§ **Work to complete**
Search term "words": copy each line of the data containing it.

Extracted records:
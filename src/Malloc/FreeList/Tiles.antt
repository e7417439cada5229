-- ===== src/Malloc/FreeList/Tiles.antt =====
-- mm_freeList.c: the blocks of the heap, which lie side by side from the first one after the prologue
-- to the epilogue, each with its size and its allocated bit in its header and its footer.

use operating_system_basics.Base.{
  ℕ, ◌+◌, ◌-◌, ◌%◌, ◌≤◌, ◌≡◌, ◌⊎◌, inl, inr, refl, ◌∙◌, Bool, false, not, ◌&&◌, ◌||◌, List, [], ◌∷◌,
  arith, ◌==◌, if◌then◌else◌,
}

pub record Tile : Type 0 where
  pub size : ℕ
  pub used : Bool

-- The word of its header and footer.
abbrev pub tag : Tile → ℕ
tag t = if t.used then t.size + 1 else t.size

abbrev pub IsTile : Tile → Type 0
IsTile t = (t.size % 8 ≡ 0) × 24 ≤ t.size

abbrev pub total : List Tile → ℕ
total [] = 0
total (t ∷ ts) = t.size + total ts

-- The first block of a heap with its prologue at `bottom`, and the block behind `ls`, the nearest of
-- them first.
abbrev pub base : ℕ → List Tile → ℕ
base bottom [] = bottom + 40
base bottom (l ∷ ls) = base bottom ls + l.size

-- From the block at `p` on to the epilogue.
abbrev pub Ahead : (ℕ → ℕ) → ℕ → List Tile → Type 0
Ahead m p [] = m (p - 4) ≡ 1
Ahead m p (t ∷ ts) =
    (m (p - 4) ≡ tag t) × (m (p + t.size - 8) ≡ tag t) × IsTile t × Ahead m (p + t.size) ts

-- Back from a block to the start of the heap; the word before the first header is 0.
abbrev pub Behind : (ℕ → ℕ) → ℕ → List Tile → Type 0
Behind m bottom [] = m (bottom + 32) ≡ 0
Behind m bottom (l ∷ ls) =
    (m (base bottom ls - 4) ≡ tag l)
    × (m (base bottom ls + l.size - 8) ≡ tag l)
    × IsTile l
    × Behind m bottom ls

-- Is there a free block at `d`?
unfoldable pub free_ahead : ℕ → List Tile → ℕ → Bool
free_ahead p [] d = false
free_ahead p (t ∷ ts) d = (not t.used && (p == d)) || free_ahead (p + t.size) ts d

unfoldable pub free_behind : ℕ → List Tile → ℕ → Bool
free_behind bottom [] d = false
free_behind bottom (l ∷ ls) d = (not l.used && (base bottom ls == d)) || free_behind bottom ls d

-- The addresses of headers and footers, and the word before the first one.
abbrev pub TagAhead : ℕ → List Tile → ℕ → Type 0
TagAhead p [] r = r ≡ p - 4
TagAhead p (t ∷ ts) r = (r ≡ p - 4) ⊎ ((r ≡ p + t.size - 8) ⊎ TagAhead (p + t.size) ts r)

abbrev pub TagBehind : ℕ → List Tile → ℕ → Type 0
TagBehind bottom [] r = r ≡ bottom + 32
TagBehind bottom (l ∷ ls) r =
    (r ≡ base bottom ls - 4) ⊎ ((r ≡ base bottom ls + l.size - 8) ⊎ TagBehind bottom ls r)

-- A change of the memory that spares the tags keeps the blocks.
pub Ahead-frame :
    (m n : ℕ → ℕ) (p : ℕ) (ts : List Tile)
    → ((r : ℕ) → TagAhead p ts r → n r ≡ m r)
    → Ahead m p ts
    → Ahead n p ts
Ahead-frame m n p [] same h = same (p - 4) refl ∙ h
Ahead-frame m n p (t ∷ ts) same (a, b, c, more) = (
  same (p - 4) (inl refl) ∙ a,
  same (p + t.size - 8) (inr (inl refl)) ∙ b,
  c,
  Ahead-frame m n (p + t.size) ts (λ r k. same r (inr (inr k))) more,
)

pub Behind-frame :
    (m n : ℕ → ℕ) (bottom : ℕ) (ls : List Tile)
    → ((r : ℕ) → TagBehind bottom ls r → n r ≡ m r)
    → Behind m bottom ls
    → Behind n bottom ls
Behind-frame m n bottom [] same h = same (bottom + 32) refl ∙ h
Behind-frame m n bottom (l ∷ ls) same (a, b, c, more) = (
  same (base bottom ls - 4) (inl refl) ∙ a,
  same (base bottom ls + l.size - 8) (inr (inl refl)) ∙ b,
  c,
  Behind-frame m n bottom ls (λ r k. same r (inr (inr k))) more,
)

-- Where the tags can be.
pub TagAhead-ge :
    (m : ℕ → ℕ) (p : ℕ) (ts : List Tile) (r : ℕ)
    → Ahead m p ts
    → 4 ≤ p
    → TagAhead p ts r
    → p ≤ r + 4
TagAhead-ge m p [] r h low k = omega (arith, k)
TagAhead-ge m p (t ∷ ts) r (a, b, (c, big), more) low (inl k) = omega (arith, k)
TagAhead-ge m p (t ∷ ts) r (a, b, (c, big), more) low (inr (inl k)) = omega (arith, k)
TagAhead-ge m p (t ∷ ts) r (a, b, (c, big), more) low (inr (inr k)) =
    let rest = TagAhead-ge m (p + t.size) ts r more (omega arith) k in omega arith

pub base-ge : (bottom : ℕ) (ls : List Tile) → bottom + 40 ≤ base bottom ls
base-ge bottom [] = omega arith
base-ge bottom (l ∷ ls) = let rest = base-ge bottom ls in omega arith

pub TagBehind-le :
    (m : ℕ → ℕ) (bottom : ℕ) (ls : List Tile) (r : ℕ)
    → Behind m bottom ls
    → TagBehind bottom ls r
    → r + 8 ≤ base bottom ls × bottom + 32 ≤ r
TagBehind-le m bottom [] r h k = (omega (arith, k), omega (arith, k))
TagBehind-le m bottom (l ∷ ls) r (a, b, (c, big), more) (inl k) =
    let low = base-ge bottom ls in (omega (arith, k), omega (arith, k))
TagBehind-le m bottom (l ∷ ls) r (a, b, (c, big), more) (inr (inl k)) =
    let low = base-ge bottom ls in (omega (arith, k), omega (arith, k))
TagBehind-le m bottom (l ∷ ls) r (a, b, (c, big), more) (inr (inr k)) =
    let rest = TagBehind-le m bottom ls r more k in (omega arith, omega arith)
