-- ===== src/Malloc.antt =====
-- "Efficient Mallocs"/memlib.c: the heap that the allocators extend, and the words that they read
-- and write in it. A build with `-m32` has pointers and sizes of 32 bits.
pub mod Brk
pub mod FreeList
pub mod Original
pub mod Run
pub mod Segregated
mod Tests
use operating_system_basics.Base.{
  ℕ, ◌+◌, ◌-◌, ◌*◌, ◌/◌, ◌%◌, ◌^◌, Bool, ◌||◌, ◌==◌, ltb, leb, if◌then◌else◌,
}

-- The words of the memory, by address, and the static variables `mem_start_brk`, `mem_brk` and
-- `mem_max_addr`; those of an allocator are `heap_listp` and `start`.
pub record Heap : Type 0 where
  pub mem : ℕ → ℕ
  pub mem_start_brk : ℕ
  pub mem_brk : ℕ
  pub mem_max_addr : ℕ
  pub heap_listp : ℕ
  pub start : ℕ

-- `(void *)-1`.
abbrev pub minus_one : ℕ
minus_one = 2 ^ 32 - 1

abbrev pub max_heap : ℕ
max_heap = 20 * (1024 * 1024)

-- `mem_init`, where the library's `malloc` returned `p`.
unfoldable pub mem_init : ℕ → Heap → Heap
mem_init p h = record h { mem_start_brk = p; mem_max_addr = p + max_heap; mem_brk = p }

unfoldable pub mem_reset_brk : Heap → Heap
mem_reset_brk h = record h { mem_brk = h.mem_start_brk }

-- `mem_sbrk`: the old break, or `(void *)-1`. The increment is the pattern of an `int`, which is
-- negative from 2^31 on; the sum of a pointer and an increment has 32 bits.
unfoldable pub mem_sbrk : ℕ → Heap → ℕ × Heap
mem_sbrk incr h =
    let brk = (h.mem_brk + incr) % 2 ^ 32 in
    if leb (2 ^ 31) incr || ltb h.mem_max_addr brk
    then (minus_one, h)
    else (h.mem_brk, record h { mem_brk = brk })

unfoldable pub mem_heap_lo : Heap → ℕ
mem_heap_lo h = h.mem_start_brk

unfoldable pub mem_heap_hi : Heap → ℕ
mem_heap_hi h = h.mem_brk - 1

unfoldable pub mem_heapsize : Heap → ℕ
mem_heapsize h = h.mem_brk - h.mem_start_brk

-- A store of a word.
abbrev pub write : (ℕ → ℕ) → ℕ → ℕ → ℕ → ℕ
write m p v q = if q == p then v else m q

abbrev pub put : ℕ → ℕ → Heap → Heap
put p v h = record h { mem = write h.mem p v }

§ **Reply to the task**
-- "Efficient Mallocs"/memlib.c: the heap that the allocators extend, and the words that they read
-- The words of the memory, by address, and the static variables `mem_start_brk`, `mem_brk` and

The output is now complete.